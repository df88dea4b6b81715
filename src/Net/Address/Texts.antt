-- ===== src/Net/Address/Texts.antt =====
-- The constructor of SocketAddress from a text, `parse_port`, and the three `str` functions of net.cpp.
pub mod ReadBack
use rs_io.Net.Hex.{hex_bytes}
use rs_io.Text.Decimal.{to_string}
use rs_io.Text.{Text, char_at, contains, substr, find_at}
use rs_io.Net.Address.{
  Calls, Result, equal, of_ipv4, SocketAddress, null_address, of_ipv6, thrown, ◌then_do◌, family,
  invalid_argument, ok, out_of_fuel, ipv4, ipv6, port, native, af_inet, af_inet6,
}
use rs_io.Base.{
  Option, [], drop, if◌then◌else◌, leb, length, ltb, none, not, some, suc, take, zero, ℕ, ◌&&◌,
  ◌++◌, ◌+◌, ◌-◌, ◌==◌, ◌||◌, ◌∷◌,
}

module _ (calls : Calls) where
  open calls use {pton4, pton6, ntop4, ntop6, strtoull}

  abbrev pub accepted : Text → Option Text → Result Text
  accepted s none = thrown (invalid_argument s)
  accepted s (some ip) = ok ip

  -- The constructors of IPv4 and IPv6 from a text.
  unfoldable pub parse_ipv4 : Text → Result Text
  parse_ipv4 s = pton4 s then_do accepted s

  unfoldable pub parse_ipv6 : Text → Result Text
  parse_ipv6 s = pton6 s then_do accepted s

  unfoldable pub parse_port : Text → Result ℕ
  parse_port s =
      let (n, end, failed) = strtoull s in
      if failed || (not (end == length s) || ltb 65535 n) then thrown (invalid_argument s) else ok n

  abbrev pub from_digits : Text → Option ℕ → Result SocketAddress
  from_digits s none = parse_ipv4 s then_do λ ip. ok (of_ipv4 ip 0)
  from_digits s (some colon) =
      if contains b':' (drop (colon + 1) s)
      then (parse_ipv6 s then_do λ ip. ok (of_ipv6 ip 0 0 0))
      else (parse_ipv4 (take colon s) then_do λ ip.
          (parse_port (drop (colon + 1) s) then_do λ port. ok (of_ipv4 ip port)))

  abbrev pub from_bracket : Text → Option ℕ → Result SocketAddress
  from_bracket s none = thrown (invalid_argument s)
  from_bracket s (some close) = parse_ipv6 (substr s 1 (close - 1)) then_do λ ip.
      ((if ltb (close + 2) (length s) then parse_port (drop (close + 2) s) else ok 0)
        then_do λ port. ok (of_ipv6 ip port 0 0))

  -- The constructor from a text.
  unfoldable pub parse : Text → Result SocketAddress
  parse s =
      if leb b'0' (char_at s 0) && leb (char_at s 0) b'9'
      then from_digits s (find_at 0 b':' s)
      else if char_at s 0 == b'['
      then from_bracket s (find_at 0 b']' s)
      else thrown (invalid_argument s)

  -- The loop of `str`, with the buffer that grows by `step` while it is too small.
  abbrev pub str_from : (ℕ → Text → Result (Option Text)) → ℕ → ℕ → ℕ → Text → Result Text
  str_from ntop zero step size ip = thrown out_of_fuel
  str_from ntop (suc f) step size ip =
      let again = str_from ntop f step (size + step) ip in
      ntop size ip then_do λ t. elim t [ some s ↦ ok s | none ↦ again ]

  unfoldable pub ipv4_str : ℕ → Text → Result Text
  ipv4_str f ip = str_from ntop4 f 16 16 ip

  unfoldable pub ipv6_str : ℕ → Text → Result Text
  ipv6_str f ip = str_from ntop6 f 40 40 ip

  unfoldable pub str : ℕ → SocketAddress → Result Text
  str f a =
      if equal a null_address
      then ok (b'n' ∷ b'u' ∷ b'l' ∷ b'l' ∷ [])
      else if family a == af_inet
      then (ipv4_str f (ipv4 a) then_do λ t. ok (t ++ (b':' ∷ to_string (port a))))
      else if family a == af_inet6
      then (ipv6_str f (ipv6 a) then_do λ t. ok (b'[' ∷ t ++ (b']' ∷ b':' ∷ to_string (port a))))
      else ok (hex_bytes (native a))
^^^^^^^^^^^^^^^^
• **WORK ORDER**
What you write must match the records above exactly, line for line.

• **FINISHED TASK**
repository df88dea4b6b81715
filename src/Net/Address/Texts.antt
-- ===== src/Net/Address/Texts.antt =====
-- The constructor of SocketAddress from a text, `parse_port`, and the three `str` functions of net.cpp.
pub mod ReadBack
use rs_io.Net.Hex.{hex_bytes}
use rs_io.Text.Decimal.{to_string}
use rs_io.Text.{Text, char_at, contains, substr, find_at}
use rs_io.Net.Address.{
  Calls, Result, equal, of_ipv4, SocketAddress, null_address, of_ipv6, thrown, ◌then_do◌, family,
  invalid_argument, ok, out_of_fuel, ipv4, ipv6, port, native, af_inet, af_inet6,
}
use rs_io.Base.{
  Option, [], drop, if◌then◌else◌, leb, length, ltb, none, not, some, suc, take, zero, ℕ, ◌&&◌,
  ◌++◌, ◌+◌, ◌-◌, ◌==◌, ◌||◌, ◌∷◌,
}

module _ (calls : Calls) where
  open calls use {pton4, pton6, ntop4, ntop6, strtoull}

  abbrev pub accepted : Text → Option Text → Result Text
  accepted s none = thrown (invalid_argument s)
  accepted s (some ip) = ok ip

  -- The constructors of IPv4 and IPv6 from a text.
  unfoldable pub parse_ipv4 : Text → Result Text
  parse_ipv4 s = pton4 s then_do accepted s

  unfoldable pub parse_ipv6 : Text → Result Text
  parse_ipv6 s = pton6 s then_do accepted s

  unfoldable pub parse_port : Text → Result ℕ
  parse_port s =
      let (n, end, failed) = strtoull s in
      if failed || (not (end == length s) || ltb 65535 n) then thrown (invalid_argument s) else ok n

  abbrev pub from_digits : Text → Option ℕ → Result SocketAddress
  from_digits s none = parse_ipv4 s then_do λ ip. ok (of_ipv4 ip 0)
  from_digits s (some colon) =
      if contains b':' (drop (colon + 1) s)
      then (parse_ipv6 s then_do λ ip. ok (of_ipv6 ip 0 0 0))
      else (parse_ipv4 (take colon s) then_do λ ip.
          (parse_port (drop (colon + 1) s) then_do λ port. ok (of_ipv4 ip port)))

  abbrev pub from_bracket : Text → Option ℕ → Result SocketAddress
  from_bracket s none = thrown (invalid_argument s)
  from_bracket s (some close) = parse_ipv6 (substr s 1 (close - 1)) then_do λ ip.
      ((if ltb (close + 2) (length s) then parse_port (drop (close + 2) s) else ok 0)
        then_do λ port. ok (of_ipv6 ip port 0 0))

  -- The constructor from a text.
  unfoldable pub parse : Text → Result SocketAddress
  parse s =
      if leb b'0' (char_at s 0) && leb (char_at s 0) b'9'
      then from_digits s (find_at 0 b':' s)
      else if char_at s 0 == b'['
      then from_bracket s (find_at 0 b']' s)
      else thrown (invalid_argument s)

  -- The loop of `str`, with the buffer that grows by `step` while it is too small.
  abbrev pub str_from : (ℕ → Text → Result (Option Text)) → ℕ → ℕ → ℕ → Text → Result Text
  str_from ntop zero step size ip = thrown out_of_fuel
  str_from ntop (suc f) step size ip =
      let again = str_from ntop f step (size + step) ip in
      ntop size ip then_do λ t. elim t [ some s ↦ ok s | none ↦ again ]

  unfoldable pub ipv4_str : ℕ → Text → Result Text
  ipv4_str f ip = str_from ntop4 f 16 16 ip

  unfoldable pub ipv6_str : ℕ → Text → Result Text
  ipv6_str f ip = str_from ntop6 f 40 40 ip

  unfoldable pub str : ℕ → SocketAddress → Result Text
  str f a =
      if equal a null_address
      then ok (b'n' ∷ b'u' ∷ b'l' ∷ b'l' ∷ [])
      else if family a == af_inet
      then (ipv4_str f (ipv4 a) then_do λ t. ok (t ++ (b':' ∷ to_string (port a))))
      else if family a == af_inet6
      then (ipv6_str f (ipv6 a) then_do λ t. ok (b'[' ∷ t ++ (b']' ∷ b':' ∷ to_string (port a))))
      else ok (hex_bytes (native a))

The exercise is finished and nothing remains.